Q: How did the people in these communities support themselves?

“Rural Blacks were mainly farmers, though some men combined farming with work on the railroad.  In towns, Black men were often laborers, though small numbers worked as craftsmen or shopkeepers, and by the end of the century a very small number of Black lawyers and doctors had begun to appear. Black women living in towns often worked as domestic servants.”

Q: Did any of them have a say in regional politics?

“Throughout this era Black men participated in politics. Few were elected to office in Southwest Virginia, but Black men voted in large numbers until the early 20th century, when a new state constitution made it almost impossible for them to do so.”

Q: What caused modern misconceptions about Black communities in Appalachia to take hold?

“Racism became more pronounced in Southwest Virginia at the turn of the 20th century.
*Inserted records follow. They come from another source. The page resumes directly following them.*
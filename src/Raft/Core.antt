-- ===== src/Raft/Core.antt =====
-- storage/raft/core/raft_core.{h,cpp} and raft_core_recovery.cpp: the state of one Raft replica and
-- what all handlers share. An operation takes the core and the effects and returns both anew. The
-- log lines, the metrics and the asserts are left out.
pub mod Append
pub mod Vote
pub mod Read
pub mod Snapshot
pub mod Frame
pub mod Grow
pub mod Propose
pub mod Sound
pub mod Ballot
pub mod Replies
pub mod Follower
pub mod Leader
pub mod Event
pub mod Elected
pub mod Removed
use adviskv.Base.{
  ℕ, zero, suc, ◌+◌, ◌-◌, Bool, true, false, not, Option, none, some, List, [], ◌∷◌, ltb, ◌==◌,
  nat_eq, if◌then◌else◌,
}
use adviskv.Model.{
  Status, ok, is_recovering, not_leader, not_voter, read_index_not_ready, invalid_argument, fail,
  ReplicaId, PeerMember, RaftMember, RaftMemberType, non_member, voter, learner, LogEntry,
  WriteOpType, is_config_change_op,
}
use adviskv.Tick.{TickTrigger, drawn_trigger, fixed_trigger, reset, stop}
use adviskv.Raft.Log.{RaftLog, empty_log, last_log_index, last_log_term, entry_at, update_entries}
use adviskv.Raft.Election
use adviskv.Raft.Election.{
  RaftElection, RaftMeta, hard_state, is_follower, is_leader, new_election, update_meta,
}
use adviskv.Raft.Membership
use adviskv.Raft.Membership.{
  RaftMembership, reset_voters, is_voter, member_type, update_raft_members,
}
use adviskv.Raft.Apply.{RaftApply, advance_last_applied, has_committed_current_term_entry}
use adviskv.Raft.Replication.{RaftReplication, new_replication}
use adviskv.Raft.Message.{RaftEffects}

pub record RaftCore : Type 0 where
  pub self_id : ReplicaId
  pub election : RaftElection
  pub raft_log : RaftLog
  pub raft_apply : RaftApply
  pub membership : RaftMembership
  pub replication : RaftReplication
  pub election_tick_trigger : TickTrigger
  pub heartbeat_tick_trigger : TickTrigger
  pub recent_leader_active : Bool
  pub recovering : Bool

-- K_RAFT_HEARTBEAT_INTERVAL_TICKS
abbrev pub heartbeat_interval_ticks : ℕ
heartbeat_interval_ticks = 3

-- The constructor; `timeouts n` is the n-th random election timeout.
unfoldable pub new_core : (ℕ → ℕ) → ReplicaId → List PeerMember → RaftCore
unfolding new_election empty_log reset_voters new_replication drawn_trigger fixed_trigger
new_core timeouts self members =
    let membership = reset_voters members in
    record {
      self_id = self;
      election = new_election self;
      raft_log = empty_log;
      raft_apply = record { commit_index = 0; last_applied = 0 };
      membership = membership;
      replication = new_replication self membership;
      election_tick_trigger = drawn_trigger timeouts;
      heartbeat_tick_trigger = fixed_trigger heartbeat_interval_ticks;
      recent_leader_active = false;
      recovering = false;
    }

abbrev pub current_term : RaftCore → ℕ
current_term c = c.election.current_term

unfoldable pub later_than_other : RaftCore → ℕ → ℕ → Bool
later_than_other c other_term other_index =
    if not (last_log_term c.raft_log == other_term)
    then ltb other_term (last_log_term c.raft_log)
    else ltb other_index (last_log_index c.raft_log)

unfoldable pub ensure_ready : RaftCore → Status
ensure_ready c = if c.recovering then is_recovering else ok

unfoldable pub ensure_writable_leader : RaftCore → Status
unfolding ensure_ready
ensure_writable_leader c =
    if fail (ensure_ready c)
    then ensure_ready c
    else if not (is_leader c.election)
    then not_leader
    else if not (is_voter c.membership c.self_id)
    then not_voter
    else ok

unfoldable pub has_committed_current_term_entry_core : RaftCore → Bool
has_committed_current_term_entry_core c =
    has_committed_current_term_entry c.raft_apply c.raft_log (current_term c)

unfoldable pub ensure_readable_leader : RaftCore → Status
unfolding ensure_ready has_committed_current_term_entry_core
ensure_readable_leader c =
    if fail (ensure_ready c)
    then ensure_ready c
    else if not (is_leader c.election)
    then not_leader
    else if not (has_committed_current_term_entry_core c)
    then read_index_not_ready
    else ok

abbrev pub record_hard_state : RaftCore → RaftEffects → RaftEffects
record_hard_state c effects = record effects { hard_state = some (hard_state c.election) }

unfoldable pub become_follower : RaftCore → ℕ → RaftEffects → RaftCore × RaftEffects
unfolding Election.become_follower
become_follower c later_term effects =
    let (e, changed) = Election.become_follower c.election later_term in
    let c' = record c {
      recent_leader_active = false;
      heartbeat_tick_trigger = stop c.heartbeat_tick_trigger;
      election_tick_trigger = (reset c.election_tick_trigger).0;
      election = e;
    } in
    (c', if changed then record_hard_state c' effects else effects)

unfoldable pub step_down_if_become_non_member : RaftCore → RaftCore
unfolding Election.become_follower
step_down_if_become_non_member c = elim (member_type c.membership c.self_id) [
  | non_member ↦ record c {
    recent_leader_active = false;
    election =
        if is_follower c.election
        then c.election
        else (Election.become_follower c.election (current_term c)).0;
    heartbeat_tick_trigger = stop c.heartbeat_tick_trigger;
    election_tick_trigger = stop c.election_tick_trigger;
  }
  | _ ↦ c
]

-- The `switch` of `apply_config_entry`.
unfoldable pub change_membership : RaftMembership → LogEntry → WriteOpType → RaftMembership × Status
change_membership m e WriteOpType.add_learner = Membership.add_learner m e.config_member
change_membership m e WriteOpType.promote_voter = Membership.promote_voter m e.config_replica_id
change_membership m e WriteOpType.remove_member = Membership.remove_member m e.config_replica_id
change_membership m e _ = (m, invalid_argument)

unfoldable pub apply_config_entry : RaftCore → LogEntry → RaftCore × Status
unfolding change_membership step_down_if_become_non_member
apply_config_entry c e =
    let (m, status) = change_membership c.membership e e.op_type in
    if fail status
    then (c, status)
    else (let c' = step_down_if_become_non_member (record c { membership = m }) in
        (record c' { raft_apply = advance_last_applied c'.raft_apply e.index }, ok))

unfoldable pub advance_applied : RaftCore → ℕ → RaftCore
advance_applied c applied = record c { raft_apply = advance_last_applied c.raft_apply applied }

-- Recovery.
unfoldable pub update_raft_meta : RaftCore → RaftMeta → RaftCore
update_raft_meta c meta = record c { election = update_meta c.election meta }

unfoldable pub update_log_entries : RaftCore → List LogEntry → RaftCore
update_log_entries c entries = record c { raft_log = update_entries c.raft_log entries }

unfoldable pub update_membership : RaftCore → List RaftMember → RaftCore
update_membership c members = record c { membership = update_raft_members c.membership members }

unfoldable pub enter_recovering : RaftCore → RaftCore
unfolding Election.become_follower
enter_recovering c = record c {
  recovering = true;
  recent_leader_active = false;
  election = (Election.become_follower c.election (current_term c)).0;
  election_tick_trigger = stop c.election_tick_trigger;
  heartbeat_tick_trigger = stop c.heartbeat_tick_trigger;
}

unfoldable pub finish_recovering : RaftCore → RaftCore
finish_recovering c =
    if not c.recovering
    then c
    else record c { recovering = false; election_tick_trigger = (reset c.election_tick_trigger).0 }

-- The loops over the `n` indices from `i` on that look for a config change, and for a removal.
unfoldable pub find_config_entry : RaftLog → ℕ → ℕ → Option LogEntry
find_config_entry l zero i = none
find_config_entry l (suc n) i = elim (entry_at l i) [
  | none ↦ find_config_entry l n (suc i)
  | some e ↦ elim (is_config_change_op e.op_type) [
    | true ↦ some e
    | false ↦ find_config_entry l n (suc i)
  ]
]

unfoldable pub first_unapplied_config_entry : RaftCore → Option LogEntry
first_unapplied_config_entry c =
    find_config_entry c.raft_log (last_log_index c.raft_log - c.raft_apply.last_applied)
      (c.raft_apply.last_applied + 1)

abbrev pub is_remove_member : WriteOpType → Bool
is_remove_member WriteOpType.remove_member = true
is_remove_member _ = false

abbrev pub is_removal : Option LogEntry → Bool
is_removal none = false
is_removal (some e) = is_remove_member e.op_type

unfoldable pub any_removal : RaftLog → ℕ → ℕ → Bool
any_removal l zero i = false
any_removal l (suc n) i = elim (is_removal (entry_at l i)) [
  | true ↦ true
  | false ↦ any_removal l n (suc i)
]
Lynching became common during the 1890s, and after 1900 segregation became more widespread and a new state constitution disenfranchised Black men almost entirely. These changes, combined with the difficulty of making a living in Southwest Virginia, led more and more African Americans to leave the region and move to southern cities like Roanoke or Charlotte, to coal fields in West Virginia, Ohio, and Iowa, or to northern cities like Chicago. Today few of these Black communities or neighborhoods still exist and few Whites, at least, even remember them.”

Daniel Thorp is an associate professor of history in the College of Liberal Arts and Human Sciences at Virginia Tech. Shortly after he joined the faculty, Thorp noticed that the prevailing story that slavery was mostly unheard of in Appalachia did not match the historical evidence and began researching further. He advocated for the dedication of Vaughn-Oliver Plaza, named after Virginia Tech’s first known Black employee.